Copy out all lines of the records in which the word "unfolding" appears.

(Stored items)
·····
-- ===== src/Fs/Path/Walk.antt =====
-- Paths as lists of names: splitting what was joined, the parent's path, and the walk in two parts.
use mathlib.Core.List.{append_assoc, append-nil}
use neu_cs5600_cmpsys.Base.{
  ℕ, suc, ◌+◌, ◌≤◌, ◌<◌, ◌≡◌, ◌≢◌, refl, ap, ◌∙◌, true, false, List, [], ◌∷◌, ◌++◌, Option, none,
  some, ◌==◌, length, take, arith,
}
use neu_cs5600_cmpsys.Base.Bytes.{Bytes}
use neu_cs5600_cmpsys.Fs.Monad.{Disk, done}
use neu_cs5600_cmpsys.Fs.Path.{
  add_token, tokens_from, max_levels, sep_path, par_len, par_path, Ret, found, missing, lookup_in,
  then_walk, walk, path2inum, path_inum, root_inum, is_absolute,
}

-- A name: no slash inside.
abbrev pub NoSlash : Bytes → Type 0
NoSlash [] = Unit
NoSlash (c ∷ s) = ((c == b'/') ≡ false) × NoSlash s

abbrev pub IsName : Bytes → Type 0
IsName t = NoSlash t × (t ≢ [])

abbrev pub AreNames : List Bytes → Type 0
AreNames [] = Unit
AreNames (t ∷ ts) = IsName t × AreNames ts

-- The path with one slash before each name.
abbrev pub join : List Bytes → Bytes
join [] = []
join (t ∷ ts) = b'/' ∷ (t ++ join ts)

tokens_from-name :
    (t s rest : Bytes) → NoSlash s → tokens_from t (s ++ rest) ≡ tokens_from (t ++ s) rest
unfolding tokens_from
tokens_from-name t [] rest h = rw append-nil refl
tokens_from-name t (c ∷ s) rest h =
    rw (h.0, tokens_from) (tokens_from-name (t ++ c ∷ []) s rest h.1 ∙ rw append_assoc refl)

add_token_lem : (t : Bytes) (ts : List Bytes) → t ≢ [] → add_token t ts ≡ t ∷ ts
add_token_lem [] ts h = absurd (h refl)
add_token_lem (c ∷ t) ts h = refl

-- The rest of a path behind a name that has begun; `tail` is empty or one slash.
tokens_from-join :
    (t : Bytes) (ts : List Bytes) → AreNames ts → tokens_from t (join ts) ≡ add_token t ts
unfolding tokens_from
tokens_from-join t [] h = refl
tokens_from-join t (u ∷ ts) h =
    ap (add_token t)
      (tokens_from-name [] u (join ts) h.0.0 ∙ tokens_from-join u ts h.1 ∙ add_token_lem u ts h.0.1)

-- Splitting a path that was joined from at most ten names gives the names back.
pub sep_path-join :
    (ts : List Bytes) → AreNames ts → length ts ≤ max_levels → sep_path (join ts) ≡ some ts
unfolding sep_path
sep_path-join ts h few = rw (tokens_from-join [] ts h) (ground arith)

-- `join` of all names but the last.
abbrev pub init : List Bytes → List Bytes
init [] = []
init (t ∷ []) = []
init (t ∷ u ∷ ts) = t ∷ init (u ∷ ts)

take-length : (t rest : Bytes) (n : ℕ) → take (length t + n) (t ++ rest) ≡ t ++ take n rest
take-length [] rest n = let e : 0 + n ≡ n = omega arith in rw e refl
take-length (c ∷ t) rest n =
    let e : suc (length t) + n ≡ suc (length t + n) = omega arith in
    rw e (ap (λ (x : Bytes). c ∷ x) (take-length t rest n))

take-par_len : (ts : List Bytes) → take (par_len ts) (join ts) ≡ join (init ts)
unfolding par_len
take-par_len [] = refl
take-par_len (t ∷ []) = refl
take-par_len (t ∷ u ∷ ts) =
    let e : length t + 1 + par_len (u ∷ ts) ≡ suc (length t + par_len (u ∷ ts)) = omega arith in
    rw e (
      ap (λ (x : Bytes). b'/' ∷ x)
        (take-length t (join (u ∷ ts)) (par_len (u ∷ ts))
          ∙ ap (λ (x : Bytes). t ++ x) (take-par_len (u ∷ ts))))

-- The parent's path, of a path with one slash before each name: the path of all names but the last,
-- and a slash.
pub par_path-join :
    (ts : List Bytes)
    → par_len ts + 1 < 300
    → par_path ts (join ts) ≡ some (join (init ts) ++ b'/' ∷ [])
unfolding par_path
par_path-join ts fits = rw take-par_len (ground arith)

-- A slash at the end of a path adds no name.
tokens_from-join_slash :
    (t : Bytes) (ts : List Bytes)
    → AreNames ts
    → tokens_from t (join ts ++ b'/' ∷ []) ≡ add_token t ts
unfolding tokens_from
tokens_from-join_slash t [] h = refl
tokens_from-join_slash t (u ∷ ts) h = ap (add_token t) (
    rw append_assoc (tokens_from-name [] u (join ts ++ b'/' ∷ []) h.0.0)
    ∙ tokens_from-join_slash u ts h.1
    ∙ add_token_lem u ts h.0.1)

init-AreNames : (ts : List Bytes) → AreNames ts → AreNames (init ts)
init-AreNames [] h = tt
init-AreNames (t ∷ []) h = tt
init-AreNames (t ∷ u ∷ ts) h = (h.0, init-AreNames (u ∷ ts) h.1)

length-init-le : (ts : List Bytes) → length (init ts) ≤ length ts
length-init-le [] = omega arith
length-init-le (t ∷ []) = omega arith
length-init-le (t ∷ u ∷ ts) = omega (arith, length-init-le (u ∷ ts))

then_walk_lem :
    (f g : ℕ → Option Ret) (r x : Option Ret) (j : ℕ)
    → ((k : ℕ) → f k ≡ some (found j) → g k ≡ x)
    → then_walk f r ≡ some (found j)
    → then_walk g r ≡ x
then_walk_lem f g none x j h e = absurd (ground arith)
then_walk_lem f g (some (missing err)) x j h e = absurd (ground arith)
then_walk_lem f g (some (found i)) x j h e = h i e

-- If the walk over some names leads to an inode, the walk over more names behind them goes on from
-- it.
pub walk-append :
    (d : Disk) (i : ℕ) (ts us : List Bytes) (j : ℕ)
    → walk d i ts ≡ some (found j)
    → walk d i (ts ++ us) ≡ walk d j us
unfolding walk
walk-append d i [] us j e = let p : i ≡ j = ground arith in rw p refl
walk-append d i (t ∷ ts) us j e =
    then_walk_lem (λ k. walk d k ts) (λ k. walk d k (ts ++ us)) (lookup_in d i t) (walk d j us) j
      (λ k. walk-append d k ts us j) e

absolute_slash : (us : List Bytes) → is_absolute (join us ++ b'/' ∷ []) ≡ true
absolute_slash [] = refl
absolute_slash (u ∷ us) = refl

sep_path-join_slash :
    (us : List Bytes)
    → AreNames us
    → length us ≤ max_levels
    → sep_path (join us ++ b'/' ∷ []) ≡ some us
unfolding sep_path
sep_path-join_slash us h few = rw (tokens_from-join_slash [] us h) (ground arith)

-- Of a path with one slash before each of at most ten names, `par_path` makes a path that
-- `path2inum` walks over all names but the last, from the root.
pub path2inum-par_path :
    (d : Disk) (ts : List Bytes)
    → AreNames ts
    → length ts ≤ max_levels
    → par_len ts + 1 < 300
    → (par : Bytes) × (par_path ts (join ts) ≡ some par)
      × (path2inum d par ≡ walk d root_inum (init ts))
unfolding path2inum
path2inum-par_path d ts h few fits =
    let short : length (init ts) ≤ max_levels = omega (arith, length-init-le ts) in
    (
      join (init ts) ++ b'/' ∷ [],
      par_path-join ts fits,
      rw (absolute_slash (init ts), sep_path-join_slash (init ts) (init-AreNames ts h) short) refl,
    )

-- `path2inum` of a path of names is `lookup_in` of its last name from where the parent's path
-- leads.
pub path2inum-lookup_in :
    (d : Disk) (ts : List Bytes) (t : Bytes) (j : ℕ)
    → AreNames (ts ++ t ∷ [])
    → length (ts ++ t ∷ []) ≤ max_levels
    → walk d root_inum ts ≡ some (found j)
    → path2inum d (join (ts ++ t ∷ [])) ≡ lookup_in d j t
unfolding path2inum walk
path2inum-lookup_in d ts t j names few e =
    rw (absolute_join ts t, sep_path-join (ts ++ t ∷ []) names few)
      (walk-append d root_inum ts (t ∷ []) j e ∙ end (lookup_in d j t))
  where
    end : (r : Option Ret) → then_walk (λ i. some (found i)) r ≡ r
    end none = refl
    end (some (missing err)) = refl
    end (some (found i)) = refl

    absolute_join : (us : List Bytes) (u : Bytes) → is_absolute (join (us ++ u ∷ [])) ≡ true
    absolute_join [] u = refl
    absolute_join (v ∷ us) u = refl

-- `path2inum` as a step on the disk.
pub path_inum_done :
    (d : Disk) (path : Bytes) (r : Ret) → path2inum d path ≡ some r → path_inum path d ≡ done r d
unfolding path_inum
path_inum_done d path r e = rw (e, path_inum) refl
·····
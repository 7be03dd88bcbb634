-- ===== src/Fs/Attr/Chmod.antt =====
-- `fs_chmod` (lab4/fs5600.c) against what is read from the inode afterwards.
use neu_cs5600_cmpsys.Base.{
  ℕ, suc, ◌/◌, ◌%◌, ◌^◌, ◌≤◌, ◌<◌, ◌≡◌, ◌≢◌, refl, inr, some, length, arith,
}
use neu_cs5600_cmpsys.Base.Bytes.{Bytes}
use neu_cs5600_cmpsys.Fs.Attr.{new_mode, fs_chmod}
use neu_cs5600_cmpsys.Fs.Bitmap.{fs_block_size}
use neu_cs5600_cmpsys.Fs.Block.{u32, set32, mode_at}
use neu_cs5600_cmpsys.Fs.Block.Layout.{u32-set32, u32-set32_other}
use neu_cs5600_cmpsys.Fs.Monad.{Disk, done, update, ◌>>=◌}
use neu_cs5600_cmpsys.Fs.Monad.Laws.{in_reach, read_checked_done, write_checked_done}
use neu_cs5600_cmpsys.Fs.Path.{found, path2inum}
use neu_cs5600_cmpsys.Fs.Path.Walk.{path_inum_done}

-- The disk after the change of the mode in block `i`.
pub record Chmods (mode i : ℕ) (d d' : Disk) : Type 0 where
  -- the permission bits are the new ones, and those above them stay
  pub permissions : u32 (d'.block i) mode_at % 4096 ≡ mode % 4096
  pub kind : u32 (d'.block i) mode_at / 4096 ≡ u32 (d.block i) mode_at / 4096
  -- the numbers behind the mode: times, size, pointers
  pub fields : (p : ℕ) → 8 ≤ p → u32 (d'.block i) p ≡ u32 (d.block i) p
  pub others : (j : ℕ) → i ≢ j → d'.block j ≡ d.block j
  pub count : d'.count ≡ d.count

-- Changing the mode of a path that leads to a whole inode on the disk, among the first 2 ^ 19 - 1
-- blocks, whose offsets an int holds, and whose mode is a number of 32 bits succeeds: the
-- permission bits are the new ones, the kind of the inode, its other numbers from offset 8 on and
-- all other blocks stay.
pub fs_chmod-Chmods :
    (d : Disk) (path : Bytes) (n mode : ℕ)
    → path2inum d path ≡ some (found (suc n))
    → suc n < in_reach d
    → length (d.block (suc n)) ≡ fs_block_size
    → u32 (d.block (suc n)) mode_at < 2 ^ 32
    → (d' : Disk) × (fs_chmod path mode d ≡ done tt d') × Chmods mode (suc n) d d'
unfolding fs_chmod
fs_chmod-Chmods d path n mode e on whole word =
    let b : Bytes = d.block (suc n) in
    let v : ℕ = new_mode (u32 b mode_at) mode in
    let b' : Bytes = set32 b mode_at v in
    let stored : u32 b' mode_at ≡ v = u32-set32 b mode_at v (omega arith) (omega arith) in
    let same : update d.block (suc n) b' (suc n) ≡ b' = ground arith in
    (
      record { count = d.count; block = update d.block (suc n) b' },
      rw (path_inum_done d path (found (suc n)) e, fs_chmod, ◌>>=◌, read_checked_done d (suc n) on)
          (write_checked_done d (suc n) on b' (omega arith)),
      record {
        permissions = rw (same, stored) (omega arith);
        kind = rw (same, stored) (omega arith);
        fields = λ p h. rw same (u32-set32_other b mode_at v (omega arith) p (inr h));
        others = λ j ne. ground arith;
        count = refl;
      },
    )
·····
**Expected answer**:
unfolding tokens_from
unfolding tokens_from
unfolding sep_path
unfolding par_len
unfolding par_path
unfolding tokens_from
unfolding walk
unfolding sep_path
unfolding path2inum
unfolding path2inum walk
unfolding path_inum
unfolding fs_chmod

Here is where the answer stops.